If you look at the rules we’re dealing with forbearing from,
most ILECs have lost 70% of their market share across the board from a voice
and broadband standpoint. And we still have rules that are pretty far back in
time… So any rules that can be forborne from that keep our segment of the
industry basically still hamstrung in a wide open field running environment of
competition would be, at the highest level, what we would ask for. -- John Jones, CenturyLink
Ensure
that broadband subsidy support is targeted to unserved areas.
[A]nother thing
that we have hopefully learned from past mistakes is… when we focus on the
public subsidy portion of connecting America, to refocus attention on the
unserved parts of America, those places that don’t have that broadband to make
sure that those scarce resources we have available are not going to basically layer
over places we already have built right into private capital.
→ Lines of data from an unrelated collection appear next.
-- ===== src/Server/Status/Tests.antt =====
-- The status page after a callback that links a calendar.
use busybar_bridge.Prelude.{◌≡◌, refl, true, [], ◌∷◌, Option, none, some}
use busybar_bridge.Prelude.Int.{ℤ, pos}
use busybar_bridge.Prelude.Result.{Result, ok}
use busybar_bridge.Prelude.Text.{Text, codes}
use busybar_bridge.Calendar.Store.{CalendarBinding, Store, Disk, Calls}
use busybar_bridge.Server.Http.{Request}
use busybar_bridge.Server.Oauth.{handle_callback}
use busybar_bridge.Server.Status.{calendar_status}

eve : CalendarBinding
eve = record {
  email = codes "eve";
  access_token = codes "t1";
  refresh_token = codes "t2";
  token_expiry_unix = pos 9;
  calendar_id = codes "work";
  linked_at_unix = pos 7;
}

format : ℤ → Text
format t = codes "1970-01-01T00:00:07Z"

marshal : CalendarBinding → Option CalendarBinding
marshal b = some b

dir : Text → Text
dir path = codes "/srv"

same : Text → Text
same t = t

all_succeed : Calls CalendarBinding
all_succeed = record {
  mkdir = true;
  create = true;
  created = eve;
  torn = none;
  sync = true;
  close = true;
  chmod = true;
  rename = true;
  remove = true;
}

abbrev unbound : Option Store
unbound = some (record { path = codes "/srv/c.pb"; binding = none })

abbrev no_file : Disk CalendarBinding
no_file = record { file = none; temp = none }

exchange_code : Text → Result Text CalendarBinding
exchange_code code = ok eve

abbrev callback : Request
callback = record {
  method = codes "GET";
  query = (codes "state", codes "x") ∷ (codes "code", codes "y") ∷ [];
  oauth_state = some (codes "x");
}

email-status :
    (calendar_status format none
      (some true)
      (handle_callback marshal dir same all_succeed unbound no_file
        (some exchange_code)
        callback).store
      none).email
    ≡ codes "eve"
unfolding calendar_status handle_callback exchange_code marshal dir all_succeed eve
email-status = refl
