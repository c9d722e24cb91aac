-- ===== src/Telemetry.antt =====
-- internal/telemetry: its data, and its store.
pub mod Types
pub mod Store
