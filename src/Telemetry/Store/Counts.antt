-- ===== src/Telemetry/Store/Counts.antt =====
-- The counters of the store, under every method that changes it.
use busybar_bridge.Prelude.{ℕ, ◌+◌, ◌%◌, ◌^◌, ◌≡◌, ◌≢◌, List, [], ◌∷◌, Option, arith}
use busybar_bridge.Prelude.Int.{ℤ}
use busybar_bridge.Prelude.Text.{Text}
use busybar_bridge.Telemetry.Types.{ForwardingOutcome, pending, EventCounters, Store}
use busybar_bridge.Telemetry.Store.{new_store, count_event, count_outcome, record_forward_outcome}
use busybar_bridge.Telemetry.Store.Calls.{
  Call, connected, event, push_result, calendar_poll, step, run,
}

abbrev pub sum_counters : EventCounters → ℕ
sum_counters c = c.buttons + c.switches + c.encoders + c.other

-- Every event is in one category, and every poll succeeded or failed.
pub record IsConsistent (s : Store) : Type 0 where
  pub events : sum_counters s.counters % 2 ^ 64 ≡ s.total_events
  pub ids : s.next_id ≡ s.total_events
  pub polls :
      (s.calendar_sync.success_polls + s.calendar_sync.failed_polls) % 2 ^ 64
      ≡ s.calendar_sync.total_polls

sum_counters-count_event :
    (c : EventCounters) (t : Text)
    → sum_counters (count_event c t) % 2 ^ 64 ≡ (sum_counters c + 1) % 2 ^ 64
unfolding count_event
sum_counters-count_event c t = ground arith

step-IsConsistent : (s : Store) (c : Call) → IsConsistent s → IsConsistent (step s c)
unfolding step
step-IsConsistent s (connected b now) v = ground arith
step-IsConsistent s (event t summary now) v =
    let n = sum_counters-count_event s.counters t in
    record { events = omega (arith, n, v.events); ids = omega (arith, v.ids); polls = v.polls }
step-IsConsistent s (calendar_poll b summary err now) v = ground arith
step-IsConsistent s (push_result b latency err now) v = ground arith
step-IsConsistent s _ v = record { events = v.events; ids = v.ids; polls = v.polls }

-- Whatever methods are called on a consistent store, as a new one is, in any order: the four event
-- counters add up to the total of events and the successful and failed polls to the total of polls
-- (both modulo 2^64, where an int64 counter wraps), and the last trace id is the number of events.
pub run-IsConsistent : (s : Store) (cs : List Call) → IsConsistent s → IsConsistent (run s cs)
unfolding run
run-IsConsistent s [] v = v
run-IsConsistent s (c ∷ cs) v = run-IsConsistent (step s c) cs (step-IsConsistent s c v)

pub new_store-IsConsistent : (now : ℤ) → IsConsistent (new_store now)
unfolding new_store
new_store-IsConsistent now = ground arith

-- If the acked and failed events add up to the dispatched ones (modulo 2^64), they still do after an
-- outcome other than `pending` is reported.
pub dispatched-record_forward_outcome :
    (s : Store) (id : ℕ) (o : ForwardingOutcome) (latency : ℤ) (err : Option Text)
    → o ≢ pending
    → (s.forwarding.total_acked + s.forwarding.total_failed) % 2 ^ 64
      ≡ s.forwarding.total_dispatched
    → let f = (record_forward_outcome s id o latency err).forwarding in
      (f.total_acked + f.total_failed) % 2 ^ 64 ≡ f.total_dispatched
unfolding record_forward_outcome count_outcome
dispatched-record_forward_outcome s id o latency err h e = ground arith
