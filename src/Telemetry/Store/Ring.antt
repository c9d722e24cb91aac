-- ===== src/Telemetry/Store/Ring.antt =====
-- The ring of traces as the end of a list, and updates of one trace in it.
use busybar_bridge.Prelude.{
  ℕ, zero, suc, ◌+◌, ◌-◌, ◌≤◌, ◌<◌, ◌≡◌, refl, List, [], ◌∷◌, ◌++◌, arith, leb, length,
  length-append, drop, Bool-cases, inl, inr,
}
use busybar_bridge.Telemetry.Types.{EventTrace}
use busybar_bridge.Telemetry.Store.{tail, push_trace, update_first}

-- The last `n` elements.
abbrev pub last_n : ℕ → List EventTrace → List EventTrace
last_n n xs = drop (length xs - n) xs

-- The ids of a log are `n + 1`, `n + 2`, …
abbrev pub Numbered : ℕ → List EventTrace → Type 0
Numbered n [] = Unit {0}
Numbered n (t ∷ ts) = (t.id ≡ n + 1) × Numbered (n + 1) ts

length-drop : (n : ℕ) (xs : List EventTrace) → length (drop n xs) ≡ length xs - n
length-drop zero xs = omega arith
length-drop (suc n) [] = omega arith
length-drop (suc n) (x ∷ xs) = omega (arith, length-drop n xs)

drop-append :
    (n : ℕ) (xs ys : List EventTrace) → n ≤ length xs → drop n (xs ++ ys) ≡ drop n xs ++ ys
drop-append zero xs ys h = refl
drop-append (suc n) [] ys h = absurd (omega arith)
drop-append (suc n) (x ∷ xs) ys h = drop-append n xs ys (omega arith)

tail-drop : (n : ℕ) (xs : List EventTrace) → tail (drop n xs) ≡ drop (suc n) xs
unfolding tail
tail-drop zero [] = refl
tail-drop zero (x ∷ xs) = refl
tail-drop (suc n) [] = refl
tail-drop (suc n) (x ∷ xs) = tail-drop n xs

evicting :
    (c m : ℕ) (log : List EventTrace) (t : EventTrace)
    → m + c ≡ length log
    → 0 < c
    → push_trace c (drop m log) t ≡ drop (suc m) (log ++ t ∷ [])
unfolding push_trace
evicting c m log t e h =
    ground (arith, length-drop m log, tail-drop m log, drop-append (suc m) log (t ∷ []))

growing :
    (c : ℕ) (log : List EventTrace) (t : EventTrace)
    → length log < c
    → push_trace c log t ≡ log ++ t ∷ []
unfolding push_trace
growing c log t h = ground arith

-- Appending with eviction at capacity `c` keeps the ring the last `c` traces of the log.
pub push_trace-last_n :
    (c : ℕ) (log : List EventTrace) (t : EventTrace)
    → 0 < c
    → push_trace c (last_n c log) t ≡ last_n c (log ++ t ∷ [])
push_trace-last_n c log t h = elim (Bool-cases (leb c (length log))) [
  | inl full ↦
      let e : length (log ++ t ∷ []) - c ≡ suc (length log - c) =
        ground (arith, length-append log (t ∷ [])) in
      rw e (evicting c (length log - c) log t (ground arith) h)
  | inr room ↦
      let e : length (log ++ t ∷ []) - c ≡ 0 = ground (arith, length-append log (t ∷ [])) in
      let e' : length log - c ≡ 0 = ground arith in rw (e, e') (growing c log t (ground arith))
]

module _ (id : ℕ) (f : EventTrace → EventTrace) where
  pub length-update_first : (ts : List EventTrace) → length (update_first id f ts) ≡ length ts
  unfolding update_first
  length-update_first [] = refl
  length-update_first (t ∷ ts) = ground (arith, length-update_first ts)

  -- No trace below the numbers of the list is found.
  update_first_absent :
      (n : ℕ) (ts : List EventTrace) → Numbered n ts → id ≤ n → update_first id f ts ≡ ts
  unfolding update_first
  update_first_absent n [] h k = refl
  update_first_absent n (t ∷ ts) h k = ground (arith, update_first_absent (n + 1) ts h.1)

  absent_drop :
      (m n : ℕ) (ts : List EventTrace)
      → Numbered n ts
      → id ≤ n
      → update_first id f (drop m ts) ≡ drop m ts
  absent_drop zero n ts h k = update_first_absent n ts h k
  absent_drop (suc m) n [] h k = update_first_absent n [] tt k
  absent_drop (suc m) n (t ∷ ts) h k = absent_drop m (n + 1) ts h.1 (omega arith)

  -- An update of the log shows in the end of the log as the same update there.
  pub update_first-drop :
      (m n : ℕ) (ts : List EventTrace)
      → Numbered n ts
      → update_first id f (drop m ts) ≡ drop m (update_first id f ts)
  unfolding update_first
  update_first-drop zero n ts h = refl
  update_first-drop (suc m) n [] h = refl
  update_first-drop (suc m) n (t ∷ ts) h =
      ground (arith, update_first-drop m (n + 1) ts h.1, absent_drop m (n + 1) ts h.1)

  pub Numbered-update_first :
      (n : ℕ) (ts : List EventTrace)
      → ((t : EventTrace) → (f t).id ≡ t.id)
      → Numbered n ts
      → Numbered n (update_first id f ts)
  unfolding update_first
  Numbered-update_first n [] k h = tt
  Numbered-update_first n (t ∷ ts) k h = ground (arith, k t, Numbered-update_first (n + 1) ts k h.1)

pub Numbered-append :
    (n : ℕ) (ts : List EventTrace) (t : EventTrace)
    → Numbered n ts
    → t.id ≡ n + length ts + 1
    → Numbered n (ts ++ t ∷ [])
Numbered-append n [] t h e = (omega arith, tt)
Numbered-append n (x ∷ ts) t h e = (h.0, Numbered-append (n + 1) ts t h.1 (omega arith))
And I’m
encouraged by…the omnibus appropriations bill, with respect to the newly
created RUS pilot program, that is aimed at ensuring the dollars go to where
they’re needed so that we can assess whether these programs are actually
working or not. -- James Assey, NCTA
Ensure
low-income consumer broadband access by funding Lifeline and preserving eligibility
for non-facilities-based providers.
[C]utting the
Lifeline program and imposing unnecessary caps will have a detrimental effect
on closing the digital divide, especially if the program starts with the
assumption that people are trying to outsmart the benefit.
…[S]ome of the
assumptions in the Lifeline proposal right now – take the limitations to
facility-based providers – regresses on some of the work done over the last
couple of years to ensure more competition in the marketplace… I also think
that it’s important that we allow USAC to put in the national verifier to
reduce some of the redundancies. I think until you actually do some of that
stuff it’s very hard to go back in a program that is the only potential lever
for people to get online… particularly when you want to talk about closing the
digital divide. -- Nicol Turner-Lee,
Brookings
To view the
panelists’ discussions on those points and on other issues such as Internet
freedom and net neutrality regulation, please watch the C-SPAN video of the
conference here. The panel on “Solutions for
Connecting America and Closing Digital Divides” begins approximately 38 minutes into the video’s run time.
[Note: The quotations by the panel speakers included in this
post were taken from the C-SPAN transcription of the Conference, with minor
edits made for purposes of correcting obvious syntax, grammar, and punctuation
errors. None of the meaning was changed.]